One photo depicts a corpse lying on the dirt in a white dress, black spiders streaming out of her mouth, cradling a plump sleeping baby.
Another shows a little girl kneeling on her bed in her pink bedroom, screaming as the devil emerges from a jagged split in the floor.
These photos are the work of local photographer Joshua Hoffine. Clearly, he doesn't take your typical wedding or graduation photos; his specialty is "horror photography" and the young kids in the photos are his daughters.
While his photos might shock or disgust the viewer, things are different behind the scenes.
"It’s a great time. It really is a lot of fun to do them," Hoffine told guest host Brian Ellison on KCUR's Central Standard.
“I think if it was genuinely dark and upsetting, no one would want to do it with me,” he added. “And so to keep it light and enjoyable and everyone having fun on set is part of what makes it work.”
Hoffine started taking horror photographs in 2003. It was still in the aftermath of 9/11, and fear was in the air, he said.
While talking to another photographer, he realized that no one had ever made a horror photograph — a deliberate one, he said, “the way that you have horror movies and novels and comic books and video games.”
He decided to pursue that genre, incorporating childhood fears, fairy tale imagery and things that were happening at home with his young kids.
“We can all relate to the idea of a monster hiding under the bed or in the closet, but I’d never seen a picture of it before,” he said. “And so, to sort of take the monster from out of the darkness, out from under the bed and into the light of day and take a picture of it was really kind of the initial motivation.”
He used two of his daughters in a photo series that he called “After Dark, My Sweet.” At the time, Shiva was six and Chloe was three.
He wanted to make sure they weren’t scared.
“I do try to keep things fun and safe on-set. Frightening the children is never really part of the equation,” he said. “Making sure they’re participating, willingly and voluntarily, is a big deal. And to keep that safe, I would usually use other family members as the villains.”
For example, in his photo, “Balloons,” Chloe is approaching a sheet that’s hanging on a clothesline. Behind the sheet is a silhouette of a clown with creepy claw fingers.
The clown, he said, is the girls’ grandmother, and she wasn’t wearing any clown makeup.
Even at a young age, his daughters knew what Hoffine was trying to do.
“I think people might underestimate how savvy a three-year-old can be … she totally understood the artifice of it,” he said.
“And both daughters were, I think, into the idea that we were scaring other people. If as a child, you’ve ever hidden in bushes to scare a younger sibling, you kind of know the thrill of scaring someone. Especially as a child where everything kind of frightens you, and to have the power, for a moment, to be the agent of that type of fear. It was weirdly empowering to them.”
While Hoffine dealt with classic childhood fears in his work, like the monster in the closet or under the stairs, he also channeled his own fears as a parent. Villains like the bogeyman or wolf, who are preying on his daughters in the photos, are stand-ins for child predators.
“It’s meant to be a commentary on how those type of people are the real bogeymen of the world. Those are the real monsters,” he said.
The photo series went viral in 2008, resulting in a wave of press and a lot of controversy. Hoffine still has a folder filled with hate mail from people who were concerned about his kids.
“In their defense, when the work initially came out, there was no explanation. I think the only tagline was, ‘These are real photographs, these are real children,’” he said.
But because people were concerned about child abuse, he started a behind-the-scenes blog to show how he put things together — and to show how the kids were having fun.
Shiva and Chloe are now 18 and 14, respectively, and Hoffine says that they’re “fiercely proud” of the photos.

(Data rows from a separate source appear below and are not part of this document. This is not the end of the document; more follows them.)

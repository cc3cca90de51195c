-- ===== src/Graph/Manifests.antt =====
-- What a batch of mutations reports of its ids, and the manifest that the server draws from it.
use outlook_agent.Prelude.{
  Bool-cases, List, Option, Result, String, [], ap, err, false, if◌then◌else◌, inl, inr, map, none,
  ok, refl, some, subst, sym, true, ◌++◌, ◌∙◌, ◌∷◌, ◌≡◌,
}
use mathlib.Core.List.{append-nil, append_assoc, map-append}
use outlook_agent.Prelude.Text.{contains, contains_one, has_prefix, is_blank, to_lower}
use outlook_agent.Value.{Fields, lookup_field}
use outlook_agent.Redact
use outlook_agent.Server.{Runtime}
use outlook_agent.Server.Execute.{
  action_result_from_response, manifest_ids, manifest_ids_from_data_key, manifest_ids_from_value,
  move_like_mutation_action,
}
use outlook_agent.Graph.Runs.{
  Ran, failed_id, move_messages-HasRun, move_one, patch_messages-HasRun, patch_one,
}
use outlook_agent.Graph.Messages.{
  BulkMoveResult, Host, batch_fields, empty_result, fail_all, for_each, noted, move_messages,
  patch_messages, reversible_mutation_response, with_failure, with_moved, with_patched,
}

-- the first list is the other two merged, each in its order
pub data Splits : List String → List String → List String → Type 0 where
  empty : Splits [] [] []
  left :
      {ids done missed : List String} (id : String)
      → Splits ids done missed
      → Splits (id ∷ ids) (id ∷ done) missed
  right :
      {ids done missed : List String} (id : String)
      → Splits ids done missed
      → Splits (id ∷ ids) done (id ∷ missed)

-- `b` is `a` with these ids done and these missed
abbrev pub Extends : BulkMoveResult → List String → List String → BulkMoveResult → Type 0
Extends a done missed b =
    (b.succeeded ≡ a.succeeded ++ done)
    × (map failed_id b.failed ≡ map failed_id a.failed ++ missed)

-- each id is done or missed, once and in order
abbrev pub IsBatch : List String → BulkMoveResult → BulkMoveResult → Type 0
IsBatch ids a b =
    (done : List String) × (missed : List String) × Splits ids done missed × Extends a done missed b

missed_first :
    (id message : String) (ids : List String) (a b : BulkMoveResult)
    → IsBatch ids (with_failure id message a) b
    → IsBatch (id ∷ ids) a b
missed_first id message ids a b h = (
  h.0,
  id ∷ h.1,
  right id h.2,
  (
    h.3.0,
    h.3.1
        ∙ ap (λ xs. xs ++ h.1) (map-append failed_id a.failed ((id, message) ∷ []))
        ∙ append_assoc (map failed_id a.failed) (id ∷ []) h.1,
  ),
)

done_first :
    (id : String) (ids : List String) (a t b : BulkMoveResult)
    → t.succeeded ≡ a.succeeded ++ id ∷ []
    → t.failed ≡ a.failed
    → IsBatch ids t b
    → IsBatch (id ∷ ids) a b
done_first id ids a t b s f h = (
  id ∷ h.0,
  h.1,
  left id h.2,
  (
    h.3.0 ∙ ap (λ xs. xs ++ h.0) s ∙ append_assoc a.succeeded (id ∷ []) h.0,
    h.3.1 ∙ ap (λ xs. map failed_id xs ++ h.1) f,
  ),
)

nothing_left : (a : BulkMoveResult) → IsBatch [] a a
nothing_left a =
    ([], [], empty, (sym (append-nil a.succeeded), sym (append-nil (map failed_id a.failed))))

fail_all-IsBatch :
    (message : String) (ids : List String) (a : BulkMoveResult)
    → IsBatch ids a (fail_all message ids a)
unfolding fail_all
fail_all-IsBatch message [] a = nothing_left a
fail_all-IsBatch message (id ∷ ids) a =
    missed_first id message ids a (fail_all message (id ∷ ids) a)
      (fail_all-IsBatch message ids (with_failure id message a))

-- how a batch takes down an id that is done
abbrev Notes : (String → String → BulkMoveResult → BulkMoveResult) → Type 0
Notes note =
    (id new_id : String) (a : BulkMoveResult)
    → ((note id new_id a).succeeded ≡ a.succeeded ++ id ∷ [])
      × ((note id new_id a).failed ≡ a.failed)

Notes-with_moved : Notes with_moved
Notes-with_moved id new_id a = (refl, refl)

Notes-with_patched : Notes with_patched
Notes-with_patched id new_id a = (refl, refl)

noted-IsBatch :
    (note : String → String → BulkMoveResult → BulkMoveResult)
    → Notes note
    → (id : String) (x : Result String String) (ids : List String) (a b : BulkMoveResult)
    → IsBatch ids (noted note id x a) b
    → IsBatch (id ∷ ids) a b
noted-IsBatch note notes id (ok new_id) ids a b h =
    done_first id ids a (note id new_id a) b (notes id new_id a).0 (notes id new_id a).1 h
noted-IsBatch note notes id (err message) ids a b h = missed_first id message ids a b h

module _ (h : Host) where
  for_each-IsBatch :
      (run : String → h.World → Result String String × h.World)
      (note : String → String → BulkMoveResult → BulkMoveResult)
      → Notes note
      → (ids : List String) (a : BulkMoveResult) (w : h.World)
      → IsBatch ids a (for_each h run note ids (a, w)).0
  unfolding for_each
  for_each-IsBatch run note notes [] a w = nothing_left a
  for_each-IsBatch run note notes (id ∷ ids) a w =
      let ran = run id w in
      noted-IsBatch note notes id ran.0 ids a (for_each h run note (id ∷ ids) (a, w)).0
        (for_each-IsBatch run note notes ids (noted note id ran.0 a) ran.1)

  move_messages-IsBatch :
      (mailbox : String) (ids : List String) (destination : String) (w : h.World)
      → IsBatch ids empty_result (move_messages h mailbox ids destination w).0
  unfolding move_messages
  move_messages-IsBatch mailbox ids destination w = elim (Bool-cases (is_blank destination)) [
    | inl e ↦ rw e (fail_all-IsBatch "destination folder id is required" ids empty_result)
    | inr e ↦ rw e (
        for_each-IsBatch (λ id. h.move mailbox id destination) with_moved Notes-with_moved ids
          empty_result w)
  ]

  patch_messages-IsBatch :
      (mailbox : String) (ids : List String) (change : Fields) (w : h.World)
      → IsBatch ids empty_result (patch_messages h mailbox ids change w).0
  unfolding patch_messages
  patch_messages-IsBatch mailbox ids change w =
      for_each-IsBatch (λ id. h.patch mailbox id change) with_patched Notes-with_patched ids
        empty_result w

  -- A batch that moves or patches messages accounts for every id that it is given: the ids are the
  -- succeeded and the failed ones merged, each list in the order of the ids.
  pub batch-Splits :
      (mailbox : String) (ids : List String) (destination : String) (change : Fields) (w : h.World)
      → let moved = (move_messages h mailbox ids destination w).0 in
        let patched = (patch_messages h mailbox ids change w).0 in
        Splits ids moved.succeeded (map failed_id moved.failed)
        × Splits ids patched.succeeded (map failed_id patched.failed)
  batch-Splits mailbox ids destination change w =
      let m = move_messages-IsBatch mailbox ids destination w in
      let p = patch_messages-IsBatch mailbox ids change w in
      (rw (m.3.0, m.3.1) m.2, rw (p.3.0, p.3.1) p.2)

  abbrev pub listed : List String → Option (List String)
  listed [] = none
  listed (id ∷ ids) = some (id ∷ ids)

  -- what the manifest of a change in place lists: the ids done, or nothing if every id failed
  abbrev pub patched_list : List String → List String → Option (List String)
  patched_list [] (id ∷ missed) = none
  patched_list done missed = some done

  module _ (r : Runtime) where
    moved_manifest :
        (action : String) (payload : Fields) (ids done : List String)
        (failed : List (String × String))
        → move_like_mutation_action action ≡ true
        → manifest_ids action payload (
            action_result_from_response r (
              reversible_mutation_response h
                (record { succeeded = done; mutation_manifest_ids = ids; failed = failed })))
          ≡ listed ids
    unfolding manifest_ids manifest_ids_from_data_key manifest_ids_from_value
        reversible_mutation_response batch_fields Redact.value Redact.should_redact_key contains_one
        contains has_prefix to_lower lookup_field action_result_from_response
    moved_manifest action payload [] done [] e = rw e refl
    moved_manifest action payload [] done (f ∷ failed) e = rw e refl
    moved_manifest action payload (id ∷ ids) done [] e = refl
    moved_manifest action payload (id ∷ ids) done (f ∷ failed) e = refl

    patched_manifest :
        (action : String) (payload : Fields) (done : List String) (failed : List (String × String))
        → move_like_mutation_action action ≡ false
        → manifest_ids action payload (
            action_result_from_response r (
              reversible_mutation_response h
                (record { succeeded = done; mutation_manifest_ids = []; failed = failed })))
          ≡ patched_list done (map failed_id failed)
    unfolding manifest_ids manifest_ids_from_data_key manifest_ids_from_value
        reversible_mutation_response batch_fields Redact.value Redact.should_redact_key contains_one
        contains has_prefix to_lower lookup_field action_result_from_response
    patched_manifest action payload [] [] e = rw e refl
    patched_manifest action payload [] (f ∷ failed) e = rw e refl
    patched_manifest action payload (id ∷ done) [] e = rw e refl
    patched_manifest action payload (id ∷ done) (f ∷ failed) e = rw e refl

    -- the ids that the server lists in the manifest of a batch
    abbrev pub drawn : String → Fields → BulkMoveResult → Option (List String)
    drawn action payload b =
        manifest_ids action payload
          (action_result_from_response r (reversible_mutation_response h b))

    drawn_of_patch :
        (action : String) (payload : Fields) (b : BulkMoveResult)
        → move_like_mutation_action action ≡ false
        → b.mutation_manifest_ids ≡ []
        → drawn action payload b ≡ patched_list b.succeeded (map failed_id b.failed)
    drawn_of_patch action payload b e none_new =
        subst
          (λ ids.
            drawn action payload (record b { mutation_manifest_ids = ids })
            ≡ patched_list b.succeeded (map failed_id b.failed))
          (sym none_new) (patched_manifest action payload b.succeeded b.failed e)

    -- The manifest that the server draws from the answer to a batch, after redaction, lists what the
    -- batch changed. Graph is asked about each id once and in order, and nothing where a move has no
    -- destination. For a move or an archiving the manifest lists the ids that Graph's answers report
    -- for the moved messages, less the blank ones, and there is none if none are left; for a change
    -- in place it lists the ids that succeeded, and there is none if there were ids and all failed.
    pub manifest_lists_changed :
        (action : String) (payload : Fields) (mailbox : String) (ids : List String)
        (destination : String) (change : Fields) (w : h.World)
        → let moved = move_messages h mailbox ids destination w in
          let patched = patch_messages h mailbox ids change w in
          let moves = move_like_mutation_action action in
          (done : List String) × (news : List String) × (missed : List String) × Ran
            (if moves then move_one h mailbox destination else patch_one h mailbox change)
            ids
            w
            done
            news
            missed
            (if moves then moved else patched).1
          × (drawn action payload (if moves then moved else patched).0
              ≡ (if moves then listed news else patched_list done missed))
    manifest_lists_changed action payload mailbox ids destination change w =
        elim (Bool-cases (move_like_mutation_action action)) [
          | inl e ↦
              let b = (move_messages h mailbox ids destination w).0 in
              let (done, news, missed, ran, kept) =
                move_messages-HasRun h mailbox ids destination w in
              rw e (
                done,
                news,
                missed,
                ran,
                moved_manifest action payload b.mutation_manifest_ids b.succeeded b.failed e
                    ∙ ap listed kept.1,
              )
          | inr e ↦
              let b = (patch_messages h mailbox ids change w).0 in
              let (done, news, missed, ran, kept) = patch_messages-HasRun h mailbox ids change w in
              rw e (
                done,
                news,
                missed,
                ran,
                drawn_of_patch action payload b e kept.1
                    ∙ ap (λ xs. patched_list xs (map failed_id b.failed)) kept.0
                    ∙ ap (λ xs. patched_list done xs) kept.2,
              )
        ]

But the Hoffine family has never hung those photos on the walls.
“It’s one thing to create images, it’s another to have (the kids) living underneath pictures of themselves as victims,” he said.
“That was agreed upon with their mother at the outset; if we were to do the work, they could never once be truly frightened, and they weren’t allowed to live with this imagery so that it might, in some sad way, affect the way they think about themselves.”
Hoffine has been raising funds on Kickstarter to publish his first book, a compilation of 13 years of work. He’s hoping to take the book around the movie producers to try to make a full-length horror movie that’s based on the ideas in those photographs.
According to Hoffine, horror is an interesting genre because it’s metaphorical, psychological and existential.
The world is insecure, chaotic and violent, life is fleeting, and horror gives us the vocabulary to deal with those types of fears, he said.
“It gives you a splashy artificial way to approach your inherent fears, but that is probably the only time you’re invited to engage with those sort of taboo emotions, like fear or cruelty, or provide an environment where those feelings are sanctioned,” he said.
“I do think that my role as a horror photographer is to show you what you don’t want to see,” he added.
“I think that horror, when it is doing its job right, is confrontational, it is trying to shake you out of any sort of complacency or calm emotional state … it is using fear as a tool, if not sometimes a weapon.”